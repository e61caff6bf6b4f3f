-- ===== src/Redistribution.antt =====
-- backend/app/services/redistribution.py: the open chores and the rotation pointer of a household
-- when a member leaves.
pub mod Frame
pub mod Writes
pub mod Rows
pub mod Placed
pub mod Moves
pub mod Closed
pub mod Laps
pub mod Pointer
use chore_app.Base.{
  ℕ, ◌+◌, ◌-◌, ◌%◌, Bool, true, false, not, ◌&&◌, Option, none, some, List, [], ◌∷◌, map, ltb, ◌==◌,
  if◌then◌else◌, is_some_eq, any, filter, count, update_where, Dict,
}
use chore_app.Models.{
  Household, HouseholdMembership, ChoreInstance, Database, is_active_in, is_open,
}
use chore_app.Session.{Action, pure, ◌>>=◌, ◌>>◌, query, scalar_one_or_none, write}
use chore_app.Engine.{Engine}
use chore_app.Assignment.{household_rows, redistribute_chores_bulk}

-- The WHERE clause of step 1: an open chore of the removed member in the household.
abbrev pub is_open_of : ℕ → ℕ → ChoreInstance → Bool
is_open_of removed_user_id household_id c =
    is_some_eq c.assignee_id removed_user_id && c.household_id == household_id && is_open c.status

-- The WHERE clause of step 2: an active member other than the removed user.
abbrev pub is_remaining : ℕ → ℕ → HouseholdMembership → Bool
is_remaining removed_user_id household_id m =
    m.household_id == household_id && m.is_active && not (m.user_id == removed_user_id)

abbrev pub set_assignee : Option ℕ → ChoreInstance → ChoreInstance
set_assignee a c = record c { assignee_id = a }

-- `chore_map[chore_id].assignee_id = new_assignee`, on the row with that primary key.
abbrev pub with_assignee : ℕ → Option ℕ → List ChoreInstance → List ChoreInstance
with_assignee chore_id a = update_where (λ c. c.id == chore_id) (set_assignee a)

-- The loop over `assignments.items()`.
unfoldable pub write_assignees : List ℕ → Dict (Option ℕ) → List ChoreInstance → List ChoreInstance
write_assignees chore_ids [] rows = rows
write_assignees chore_ids (e ∷ d) rows =
    write_assignees chore_ids d
      (if any (λ cid. cid == e.0) chore_ids then with_assignee e.0 e.1 rows else rows)

-- `for chore in chores: chore.assignee_id = None`
unfoldable pub clear_assignees : List ℕ → List ChoreInstance → List ChoreInstance
clear_assignees [] rows = rows
clear_assignees (cid ∷ cids) rows = clear_assignees cids (with_assignee cid none rows)

abbrev pub with_instances : (List ChoreInstance → List ChoreInstance) → Database → Database
with_instances f db = record db { instances = f db.instances }

-- `household.rotation_pointer = max(0, household.rotation_pointer - 1)`
abbrev pub back : Household → Household
back h = record h { rotation_pointer = h.rotation_pointer - 1 }

abbrev pub step_back : ℕ → Database → Database
step_back household_id db = record db {
  households = update_where (λ h. h.id == household_id) back db.households;
}

-- `.limit(1)` and `scalar_one_or_none()`
abbrev first_membership : List HouseholdMembership → Option HouseholdMembership
first_membership [] = none
first_membership (m ∷ ms) = some m

module _ (engine : Engine) where
  -- Step 1: the identifiers of the open chores.
  unfoldable pub open_chores : ℕ → ℕ → Database → List ℕ
  open_chores removed_user_id household_id db =
      map (λ c. c.id)
        (engine.scan ChoreInstance (filter (is_open_of removed_user_id household_id) db.instances))

  earlier_members : ℕ → Option HouseholdMembership → Database → Option ℕ
  earlier_members household_id none db = none
  earlier_members household_id (some removed) db =
      some (
        count (λ m. is_active_in household_id m && ltb m.joined_at removed.joined_at)
          db.memberships)

  -- `removed_index`, when the household exists.
  unfoldable pub removed_index : ℕ → ℕ → Option Household → Database → Option ℕ
  unfolding earlier_members
  removed_index removed_user_id household_id none db = none
  removed_index removed_user_id household_id (some h) db =
      earlier_members household_id
        (first_membership (
          engine.descending HouseholdMembership (λ m. m.joined_at)
            (filter (λ m. m.household_id == household_id && m.user_id == removed_user_id)
              db.memberships)))
        db

  -- Steps 3 and 4.
  unfoldable pub move_chores : ℕ → List ℕ → ℕ → Action (Unit {0})
  move_chores household_id [] remaining_count = pure tt
  move_chores household_id (cid ∷ cids) remaining_count =
      if remaining_count == 0 then write (with_instances (clear_assignees (cid ∷ cids))) else do
        assignments ← redistribute_chores_bulk engine (cid ∷ cids) household_id
        write (with_instances (write_assignees (cid ∷ cids) assignments))

  -- Step 5.
  unfoldable pub adjust_pointer : ℕ → Option Household → Option ℕ → ℕ → Action (Unit {0})
  adjust_pointer household_id none index remaining_count = pure tt
  adjust_pointer household_id (some h) none remaining_count = pure tt
  adjust_pointer household_id (some h) (some index) remaining_count =
      if ltb index (h.rotation_pointer % (remaining_count + 1))
      then write (step_back household_id)
      else pure tt

  -- `redistribute_chores_for_removed_member`
  unfoldable pub redistribute_chores_for_removed_member : ℕ → ℕ → Action (Unit {0})
  redistribute_chores_for_removed_member removed_user_id household_id = do
    chore_ids ← query (open_chores removed_user_id household_id)
    remaining_count ← query (λ db. count (is_remaining removed_user_id household_id) db.memberships)
    rows ← query (household_rows household_id)
    household ← scalar_one_or_none rows
    index ← query (removed_index removed_user_id household_id household)
    move_chores household_id chore_ids remaining_count
    adjust_pointer household_id household index remaining_count
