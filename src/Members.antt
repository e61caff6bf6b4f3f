-- ===== src/Members.antt =====
-- backend/app/api/members.py: listing, removing, promoting and leaving. Each handler is composed
-- with the dependency that FastAPI runs before it.
pub mod Guards
pub mod Admins
pub mod Leaving
pub mod Listing
use chore_app.Base.{
  ℕ, String, Bool, true, false, ◌&&◌, Option, none, some, List, [], ◌∷◌, ◌++◌, map, leb, ◌==◌,
  if◌then◌else◌, filter, count, update_where,
}
use chore_app.Models.{
  User, Role, HouseholdMembership, Database, is_admin, is_active_of, is_active_in,
  is_active_admin_in,
}
use chore_app.Session.{
  Action, not_found, conflict, pure, raise_if, raise_if_none, ◌>>=◌, ◌>>◌, query,
  scalar_one_or_none, scalar_one, write,
}
use chore_app.Engine.{Engine}
use chore_app.Deps.{require_household_member, require_admin}
use chore_app.Redistribution.{redistribute_chores_for_removed_member}

-- `_count_active_admins`
abbrev pub count_active_admins : ℕ → Database → ℕ
count_active_admins household_id db = count (is_active_admin_in household_id) db.memberships

-- A column of one membership, written on the row with that primary key.
abbrev pub with_membership : ℕ → (HouseholdMembership → HouseholdMembership) → Database → Database
with_membership membership_id f db = record db {
  memberships = update_where (λ m. m.id == membership_id) f db.memberships;
}

abbrev pub deactivate : HouseholdMembership → HouseholdMembership
deactivate m = record m { is_active = false }

abbrev pub set_role : Role → HouseholdMembership → HouseholdMembership
set_role role m = record m { role = role }

abbrev pub is_demotion : Role → Bool
is_demotion role = if is_admin role then false else true

-- `if <the guard applies>: ... if admin_count <= 1: raise 409`
unfoldable pub refuse_sole_admin : Bool → ℕ → Action (Unit {0})
refuse_sole_admin false household_id = pure tt
refuse_sole_admin true household_id = do
  admin_count ← query (count_active_admins household_id)
  raise_if (leb admin_count 1) conflict

-- The target's active membership, or 404.
unfoldable pub load_member : ℕ → ℕ → Action HouseholdMembership
load_member household_id user_id = do
  rows ← query (λ db. filter (is_active_of household_id user_id) db.memberships)
  target ← scalar_one_or_none rows
  raise_if_none not_found target

pub record MemberResponse : Type 0 where
  pub user_id : ℕ
  pub display_name : String
  pub role : Role
  pub joined_at : ℕ

-- The join of `list_members`: an active membership of the household, and the name of its user.
unfoldable pub named_members :
    ℕ → List HouseholdMembership → Database → List (HouseholdMembership × String)
named_members household_id [] db = []
named_members household_id (m ∷ ms) db =
    let rest = named_members household_id ms db in
    if is_active_in household_id m
    then map (λ u. (m, u.display_name)) (filter (λ u. u.id == m.user_id) db.users) ++ rest
    else rest

abbrev pub joined_at_of : HouseholdMembership × String → ℕ
joined_at_of row = (row.0).joined_at

abbrev pub member_response : HouseholdMembership × String → MemberResponse
member_response row = record {
  user_id = (row.0).user_id;
  display_name = row.1;
  role = (row.0).role;
  joined_at = (row.0).joined_at;
}

module _ (engine : Engine) where
  -- GET /members
  unfoldable pub list_members : ℕ → ℕ → Action (List MemberResponse)
  list_members household_id current_user_id = do
    require_household_member household_id current_user_id
    rows ← query (λ db.
        engine.ascending (HouseholdMembership × String) joined_at_of
          (named_members household_id db.memberships db))
    pure (map member_response rows)

  -- DELETE /members/{user_id}
  unfoldable pub remove_member : ℕ → ℕ → ℕ → Action (Unit {0})
  remove_member household_id user_id current_user_id = do
    admin_membership ← require_admin household_id current_user_id
    target ← load_member household_id user_id
    refuse_sole_admin (user_id == admin_membership.user_id) household_id
    write (with_membership target.id deactivate)
    redistribute_chores_for_removed_member engine user_id household_id

  -- POST /leave
  unfoldable pub leave_household : ℕ → ℕ → Action (Unit {0})
  leave_household household_id current_user_id = do
    membership ← require_household_member household_id current_user_id
    refuse_sole_admin (is_admin membership.role) household_id
    write (with_membership membership.id deactivate)
    redistribute_chores_for_removed_member engine membership.user_id household_id

-- The end of `update_member_role`: the response, with the display name of the user.
unfoldable pub role_response : ℕ → HouseholdMembership → Role → Action MemberResponse
role_response user_id target role = do
  users ← query (λ db. filter (λ u. u.id == user_id) db.users)
  user ← scalar_one users
  pure (record {
    user_id = target.user_id;
    display_name = user.display_name;
    role = role;
    joined_at = target.joined_at;
  })

-- PATCH /members/{user_id}/role
unfoldable pub update_member_role : ℕ → ℕ → Role → ℕ → Action MemberResponse
update_member_role household_id user_id role current_user_id = do
  admin_membership ← require_admin household_id current_user_id
  target ← load_member household_id user_id
  refuse_sole_admin (user_id == admin_membership.user_id && is_demotion role) household_id
  write (with_membership target.id (set_role role))
  role_response user_id target role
---------------
[Exercise prompt] The line containing "is_open_of removed_user_id household_id c" marks the end. Please print exactly every line from the top of the data to it, both included, and nothing more.

[Reply to the task]
repository e61caff6bf6b4f3f
-- ===== src/Redistribution.antt =====
-- backend/app/services/redistribution.py: the open chores and the rotation pointer of a household
-- when a member leaves.
pub mod Frame
pub mod Writes
pub mod Rows
pub mod Placed
pub mod Moves
pub mod Closed
pub mod Laps
pub mod Pointer
use chore_app.Base.{
  ℕ, ◌+◌, ◌-◌, ◌%◌, Bool, true, false, not, ◌&&◌, Option, none, some, List, [], ◌∷◌, map, ltb, ◌==◌,
  if◌then◌else◌, is_some_eq, any, filter, count, update_where, Dict,
}
use chore_app.Models.{
  Household, HouseholdMembership, ChoreInstance, Database, is_active_in, is_open,
}
use chore_app.Session.{Action, pure, ◌>>=◌, ◌>>◌, query, scalar_one_or_none, write}
use chore_app.Engine.{Engine}
use chore_app.Assignment.{household_rows, redistribute_chores_bulk}

-- The WHERE clause of step 1: an open chore of the removed member in the household.
abbrev pub is_open_of : ℕ → ℕ → ChoreInstance → Bool
is_open_of removed_user_id household_id c =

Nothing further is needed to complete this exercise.